The function $f(n)=1$ is (totally) multiplicative. Let $d(n)$ be the number of divisors of $n$. Then since $d(n)={\sum }_{d\mid n}1$ we see that $d(n)$ is multiplicative.

The function $f(n)=n$ is (totally) multiplicative. Let $\sigma (n)$ be the sum of divisors of $n$. Then since $\sigma (n)={\sum }_{d\mid n}n$ we see that $\sigma (n)$ is multiplicative. In general, we can apply this trick to any power of $n$.

A positive integer $n$ is a perfect number if $\sigma (n)=2n$. The first perfect numbers are $6,28,496,8128$.

It is not known if any odd perfect numbers exist.

Let $n$ be an even perfect number, so $n=2^{q-1}m$ for some $q>1$ and odd $m$. Since $\sigma$ is multiplicative,

$$2^{q}m=2n=\sigma (n)=\sigma (2^{q-1})\sigma (m)=(2^q-1)\sigma (m)$$

hence $2^q\mid \sigma (m)$, so write $\sigma (m)=2^{q}s$ for some $s$ and hence $(2^q-1)s=m$.

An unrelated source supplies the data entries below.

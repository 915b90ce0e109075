-- ===== src/Recycle/Evict.antt =====
-- src/extent.c: which extent `extents_evict` takes from an `extents_t` that has more pages than it may
-- keep: of the dirty ones the first that no neighbour can be merged with, of the muzzy ones the whole
-- chunks of the first that has any.
use nvalloc.Prelude.{
  ℕ, zero, suc, ◌-◌, ◌*◌, ◌%◌, Bool, true, false, not, Option, none, some, if◌then◌else◌, ltb, leb,
  ◌==◌, ◌>>=◌, ◌>>◌, assert,
}
use nvalloc.Machine.{chunk_size, round_up}
use nvalloc.SizeClass.Table.{max_psz_idx}
use nvalloc.Log.{null}
use nvalloc.Containers.{ExtentHeap, ExtentList, ExtentTree}
use nvalloc.Extents.{ExtentState, same_state, extents_insert_locked, extents_remove_locked}
use nvalloc.Space.{extent_split_impl}
use nvalloc.Recycle.{World, extent_at, write_extent, n_muzzy_extent_can_evict}
use nvalloc.Recycle.Coalesce.{extent_try_coalesce_impl}

module _ (heap : ExtentHeap) (list : ExtentList) (tree : ExtentTree) where
  -- the flag is that nothing was merged; otherwise the extent is among the others again
  unfoldable pub extent_try_delayed_coalesce :
      ℕ → World heap list tree → ℕ → ℕ → Option (Bool × World heap list tree)
  extent_try_delayed_coalesce fuel world arena extent = do
    let e = extent_at heap list tree world extent
    let w = write_extent heap list tree world extent (record e { state = ExtentState.active })
    (coalesced, extent', w') ← extent_try_coalesce_impl heap list tree fuel w arena extent false
    let e' = extent_at heap list tree w' extent'
    let w'' = write_extent heap list tree w' extent' (record e' { state = w'.extents.state })
    let inserted : Option (Bool × World heap list tree) = (do
      x ← extents_insert_locked heap list w''.space.store w''.extents extent'
      some (false, record w'' { extents = x }))
    if coalesced then inserted else some (true, w'')

  -- behind `label_break`: the extent is in use
  unfoldable pub evicted : World heap list tree → ℕ → Option (Option ℕ × World heap list tree)
  evicted world extent = do
    assert (not (same_state world.extents.state ExtentState.active))
    let e = extent_at heap list tree world extent
    some (
      some extent,
      write_extent heap list tree world extent (record e { state = ExtentState.active }),
    )

  -- the loop with `delay_coalesce`
  unfoldable pub evict_delayed :
      ℕ → ℕ → World heap list tree → ℕ → ℕ → Option (Option ℕ × World heap list tree)
  evict_delayed zero fuel world arena npages_min = none
  evict_delayed (suc rounds) fuel world arena npages_min = elim (list.first world.extents.lru) [
    | none ↦ some (none, world)
    | some extent ↦
        let evict : Option (Option ℕ × World heap list tree) = (do
          x ← extents_remove_locked heap list world.space.store world.extents extent
          (alone, w) ← extent_try_delayed_coalesce fuel (record world { extents = x }) arena extent
          let again = evict_delayed rounds fuel w arena npages_min
          if alone then evicted w extent else again) in
        if leb world.extents.npages npages_min then some (none, world) else evict
  ]

  -- the part of an extent behind `size_a` bytes is cut off; without memory the program aborts
  unfoldable pub cut_off :
      World heap list tree → Option ℕ → ℕ → ℕ → ℕ → ℕ → Option (ℕ × World heap list tree)
  cut_off world memory arena extent size_a size_b = do
    let e = extent_at heap list tree world extent
    (trail, s) ←
        extent_split_impl tree world.space memory arena extent size_a e.szind e.slab size_b e.szind
          e.slab null null
    t ← trail
    assert ((s.store t).szind == max_psz_idx)
    some (t, record world { space = s })

  -- the chunks that were counted, with what is in front of and behind them put back
  unfoldable pub evict_chunks :
      World heap list tree
      → Option ℕ
      → Option ℕ
      → ℕ
      → ℕ
      → ℕ
      → ℕ
      → Option (Option ℕ × World heap list tree)
  evict_chunks world memory_b memory_c arena extent nevict start = do
    x ← extents_remove_locked heap list world.space.store world.extents extent
    let removed : World heap list tree = record world { extents = x }
    let e = extent_at heap list tree removed extent
    let lead : Option (ℕ × World heap list tree) = (do
      assert (e.szind == max_psz_idx)
      (b, w) ←
          cut_off removed memory_b arena extent (start - e.e_addr) (e.size - (start - e.e_addr))
      y ← extents_insert_locked heap list w.space.store w.extents extent
      some (b, record w { extents = y }))
    (extent', w') ← (if start == e.e_addr then some (extent, removed) else lead)
    let e' = extent_at heap list tree w' extent'
    let trail : Option (World heap list tree) = (do
      (c, w) ← cut_off w' memory_c arena extent' (chunk_size * nevict) (e'.size % chunk_size)
      y ← extents_insert_locked heap list w.space.store w.extents c
      some (record w { extents = y }))
    w'' ← (if e'.size % chunk_size == 0 then some w' else trail)
    let e'' = extent_at heap list tree w'' extent'
    assert (e''.size == chunk_size * nevict)
    assert (e''.e_addr == round_up e''.e_addr chunk_size)
    assert (same_state e''.state ExtentState.muzzy)
    evicted w'' extent'

  -- the `for` over the list, at an extent
  unfoldable pub evict_from :
      ℕ
      → World heap list tree
      → Option ℕ
      → Option ℕ
      → ℕ
      → Option ℕ
      → ℕ
      → Option (Option ℕ × World heap list tree)
  evict_from zero world memory_b memory_c arena at start = none
  evict_from (suc rounds) world memory_b memory_c arena none start = some (none, world)
  evict_from (suc rounds) world memory_b memory_c arena (some extent) start = do
    (nevict, start') ← n_muzzy_extent_can_evict (extent_at heap list tree world extent) start
    let next =
        evict_from rounds world memory_b memory_c arena (list.next world.extents.lru extent) start'
    if nevict == 0 then next else evict_chunks world memory_b memory_c arena extent nevict start'

  -- The count of pages is compared with the bytes of a chunk.
  unfoldable pub extents_evict :
      ℕ
      → ℕ
      → World heap list tree
      → Option ℕ
      → Option ℕ
      → ℕ
      → ℕ
      → Option (Option ℕ × World heap list tree)
  extents_evict rounds fuel world memory_b memory_c arena npages_min =
      let npages = world.extents.npages in
      let first = list.first world.extents.lru in
      let muzzy : Option (Option ℕ × World heap list tree) =
        if ltb npages chunk_size
        then some (none, world)
        else evict_from rounds world memory_b memory_c arena first null in
      let few = leb npages npages_min in
      if world.extents.delay_coalesce
      then evict_delayed rounds fuel world arena npages_min
      else elim first [
        | none ↦ some (none, world)
        | some extent ↦ (if few then some (none, world) else muzzy)
      ]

Thus two of the divisors of $m$ are $s$ and $m=(2^q-1)s$. But these already sum to $2^{q}s$, hence $m$ can have no other divisors, implying that $s=1$ and $m=2^q-1$ is prime. The converse is clear, thus $n$ is an even perfect number if and only if

$$n=2^{q-1}(2^q-1)$$

with $2^q-1$ prime.

This implies $q$ is prime as $d\mid q$ implies $2^d-1\mid 2^q-1$. The converse is unsurprisingly false. A number of the form $2^q-1$ is called a Mersenne number, and if it is prime, then it is called a Mersenne prime.

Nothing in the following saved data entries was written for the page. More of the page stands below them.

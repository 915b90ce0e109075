-- ===== src/Arena/Purge.antt =====
-- src/arena.c: an arena gets rid of the pages that it may not keep. The oldest dirty extents become
-- muzzy, muzzy ones are unmapped. A decay is tried when a thread's ticker fires; the lock of the decay is
-- an argument, as are the clock and what `extent_alloc` returns when an extent is split.
pub mod Stash
use nvalloc.Prelude.{
  ℕ, zero, suc, ◌+◌, ◌-◌, ◌/◌, ◌%◌, Bool, true, false, not, ◌&&◌, ◌||◌, Option, none, some, List,
  [], ◌∷◌, if◌then◌else◌, ltb, leb, ◌==◌, ◌>>=◌, ◌>>◌, assert,
}
use nvalloc.Machine.{page_size, chunk_size}
use nvalloc.SizeClass.Table.{max_psz_idx}
use nvalloc.Containers.{ExtentHeap, ExtentList, ExtentTree}
use nvalloc.Extents.{ExtentState, Extents, same_state}
use nvalloc.Space.{Space, extent_deregister}
use nvalloc.Recycle.{World, extent_at}
use nvalloc.Recycle.Coalesce.{extents_dalloc}
use nvalloc.Recycle.Evict.{extents_evict}
use nvalloc.Arena.{Arena}
use nvalloc.Arena.Decay.{
  ArenaDecay, arena_decay_deadline_init, arena_decay_deadline_reached, arena_decay_epoch_advance,
}

-- what a decay reads of its surroundings: whether another thread has its lock, the time, whether the
-- clock is monotonic, and two random numbers below the interval
pub record Surroundings : Type 0 where
  pub locked : Bool
  pub time : ℕ
  pub monotonic : Bool
  pub jitter : ℕ
  pub jitter_again : ℕ

-- the fuel of the loops, and what `extent_alloc` returns for the two parts of the extent of a round
pub record Means : Type 0 where
  pub rounds : ℕ
  pub fuel : ℕ
  pub memory_b : ℕ → Option ℕ
  pub memory_c : ℕ → Option ℕ

module _ (heap : ExtentHeap) (list : ExtentList) (tree : ExtentTree) where
  -- the loop of `arena_stash_decayed`: the pages and the extents that were taken so far
  unfoldable pub arena_stash_decayed :
      ℕ
      → Means
      → World heap list tree
      → ℕ
      → ℕ
      → ℕ
      → ℕ
      → list.Ring
      → Option (ℕ × list.Ring × World heap list tree)
  arena_stash_decayed zero means world arena npages_limit npages_decay_max nstashed stashed = none
  arena_stash_decayed (suc fuel) means world arena npages_limit npages_decay_max nstashed stashed =
      let next : Option (ℕ × list.Ring × World heap list tree) =
        extents_evict heap list tree means.rounds means.fuel world (means.memory_b fuel)
          (means.memory_c fuel) arena npages_limit
        >>= λ (extent, w). elim extent [
          | none ↦ some (nstashed, stashed, w)
          | some e ↦
              arena_stash_decayed fuel means w arena npages_limit npages_decay_max
                (nstashed + (extent_at heap list tree w e).size / page_size) (list.append e stashed)
        ] in
      if ltb nstashed npages_decay_max then next else some (nstashed, stashed, world)

  -- The chunks are unmapped and the memory of the extent is freed, which is not modelled.
  unfoldable pub extent_dalloc_wrapper : World heap list tree → ℕ → Option (World heap list tree)
  extent_dalloc_wrapper world extent = do
    s ← extent_deregister tree world.space extent
    let e = s.store extent
    assert (e.e_addr % chunk_size == 0)
    assert (e.size % chunk_size == 0 && not (e.size == 0))
    assert (same_state e.state ExtentState.active)
    assert (e.szind == max_psz_idx)
    some (record world { space = s })

  -- one turn of `arena_decay_stashed`, by the state of the extents that were taken from; `not_reached` does
  -- nothing, since `config_debug` is 0
  unfoldable pub purge_one :
      Means → Arena heap list tree → ExtentState → ℕ → Option (Arena heap list tree)
  unfolding extent_dalloc_wrapper
  purge_one means arena state extent =
      let muzzy : World heap list tree = record {
        space = arena.space;
        extents = arena.extents_muzzy;
      } in
      let put_back : Option (World heap list tree) =
        extents_dalloc heap list tree means.fuel muzzy arena.self extent in
      let moved : Option (World heap list tree) = elim state [
        | ExtentState.active ↦ put_back
        | ExtentState.dirty ↦ put_back
        | ExtentState.muzzy ↦ extent_dalloc_wrapper muzzy extent
      ] in
      moved >>= λ w. some (record arena { space = w.space; extents_muzzy = w.extents })

  -- the loop of `arena_decay_stashed`
  unfoldable pub arena_decay_stashed :
      ℕ
      → Means
      → Arena heap list tree
      → ExtentState
      → list.Ring
      → ℕ
      → Option (ℕ × Arena heap list tree)
  unfolding purge_one
  arena_decay_stashed zero means arena state stashed npurged = none
  arena_decay_stashed (suc fuel) means arena state stashed npurged = elim (list.first stashed) [
    | none ↦ some (npurged, arena)
    | some extent ↦ purge_one means arena state extent >>= λ a.
        arena_decay_stashed fuel means a state (list.remove extent stashed)
          (npurged + (arena.space.store extent).size / page_size)
  ]

  -- the decay of the dirty extents or of the muzzy ones
  abbrev pub extents_of : Arena heap list tree → Bool → Extents heap list
  extents_of arena dirty = if dirty then arena.extents_dirty else arena.extents_muzzy

  abbrev pub with_world : Arena heap list tree → Bool → World heap list tree → Arena heap list tree
  with_world arena dirty world = record arena {
    space = world.space;
    extents_dirty = if dirty then world.extents else arena.extents_dirty;
    extents_muzzy = if dirty then arena.extents_muzzy else world.extents;
  }

  -- `purging` is set while the extents are taken and put away
  unfoldable pub arena_decay_to_limit :
      Means
      → Arena heap list tree
      → Bool
      → ArenaDecay
      → ℕ
      → ℕ
      → Option (ArenaDecay × Arena heap list tree)
  unfolding arena_stash_decayed arena_decay_stashed
  arena_decay_to_limit means arena dirty decay npages_limit npages_decay_max =
      let purge : Option (ArenaDecay × Arena heap list tree) = (do
        let extents = extents_of arena dirty
        (npurge, stashed, w) ←
            arena_stash_decayed means.rounds means
              (record { space = arena.space; extents = extents }) arena.self npages_limit
              npages_decay_max 0 list.new
        let a = with_world arena dirty w
        let put_away : Option (Arena heap list tree) = (do
          (npurged, a') ← arena_decay_stashed means.rounds means a w.extents.state stashed 0
          assert (npurged == npurge)
          some a')
        a' ← (if npurge == 0 then some a else put_away)
        some (record decay { purging = false }, a')) in
      if decay.purging then some (decay, arena) else purge

  -- `arena_decay_epoch_advance` with `arena_decay_try_purge`
  unfoldable pub advance_and_purge :
      List ℕ
      → Means
      → Surroundings
      → Arena heap list tree
      → Bool
      → ArenaDecay
      → Option (ArenaDecay × Arena heap list tree)
  unfolding arena_decay_to_limit
  advance_and_purge h_steps means now arena dirty decay = do
    (d, purge) ←
        arena_decay_epoch_advance h_steps decay now.time now.jitter_again
          (extents_of arena dirty).npages
    elim purge [
      | none ↦ some (d, arena)
      | some (npages_limit, npages_decay_max) ↦
          arena_decay_to_limit means arena dirty d npages_limit npages_decay_max
    ]

  -- `decay_ms` is never negative, since it is set to its defaults only
  unfoldable pub arena_maybe_decay :
      List ℕ
      → Means
      → Surroundings
      → Arena heap list tree
      → Bool
      → ArenaDecay
      → Option (Bool × ArenaDecay × Arena heap list tree)
  unfolding arena_decay_to_limit advance_and_purge
  arena_maybe_decay h_steps means now arena dirty decay = do
    let all : Option (Bool × ArenaDecay × Arena heap list tree) = (do
      (d, a) ← arena_decay_to_limit means arena dirty decay 0 (extents_of arena dirty).npages
      some (false, d, a))
    let back = not now.monotonic && ltb now.time decay.epoch
    let later : Option (Bool × ArenaDecay × Arena heap list tree) = (do
      assert (back || leb decay.epoch now.time)
      let d =
          if back
          then arena_decay_deadline_init (record decay { epoch = now.time }) now.jitter
          else decay
      let advance_epoch = arena_decay_deadline_reached d now.time
      let advanced = advance_and_purge h_steps means now arena dirty d
      (d', a) ← (if advance_epoch then advanced else some (d, arena))
      some (advance_epoch, d', a))
    if decay.time_ms == 0 then all else later

  -- the flag is that another thread has the lock
  unfoldable pub arena_decay_impl :
      List ℕ
      → Means
      → Surroundings
      → Arena heap list tree
      → Bool
      → ArenaDecay
      → Option (Bool × ArenaDecay × Arena heap list tree)
  unfolding arena_maybe_decay
  arena_decay_impl h_steps means now arena dirty decay =
      let decayed : Option (Bool × ArenaDecay × Arena heap list tree) = (do
        (advanced, d, a) ← arena_maybe_decay h_steps means now arena dirty decay
        some (false, d, a)) in
      if now.locked then some (true, decay, arena) else decayed

  -- `arena_decay`, with the two decays
  unfoldable pub arena_decay :
      List ℕ
      → Means
      → Surroundings
      → Surroundings
      → Arena heap list tree
      → ArenaDecay
      → ArenaDecay
      → Option (ArenaDecay × ArenaDecay × Arena heap list tree)
  unfolding arena_decay_impl
  arena_decay h_steps means now then_ arena decay_dirty decay_muzzy = do
    (busy, dirty, a) ← arena_decay_impl h_steps means now arena true decay_dirty
    let second : Option (ArenaDecay × ArenaDecay × Arena heap list tree) = (do
      (_, muzzy, a') ← arena_decay_impl h_steps means then_ a false decay_muzzy
      some (dirty, muzzy, a'))
    if busy then some (dirty, decay_muzzy, a) else second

Mersenne conjectured that for $q\le 257$ the only primes $q$ which yielded primes $2^q-1$ were $\mathrm{2,3,5,7,13,17,19,31,67,127,257}$. He made five mistakes: $\mathrm{67,257}$ should not be on the list, and he missed $\mathrm{61,89,107}$.

What about numbers of the form $2^r+1$?

It is not hard to see that if $2^r+1$ is prime then $r$ must be a power of 2. Numbers of the form $2^{2^m}+1$ are called Fermat numbers, and are called Fermat primes if prime. Fermat conjectured that all Fermat numbers are prime, and he was right for $m=\mathrm{0,...,4}$ (which give the primes $\mathrm{3,5,17,257,65537}$), but wrong for $m=5$ (which is divisible by 641) and other values of $m$. In fact no other Fermat primes are known.

It can be shown that a regular $n$-gon that can be constructed using a ruler and compass if and only if

$$n=2^k{p}_1...p_m$$

where each $p_i$ is a distinct Fermat prime and $k$ is some nonnegative integer. In 1796, Gauss proved the sufficiency of this condition (though not the necessity) when he was only 19.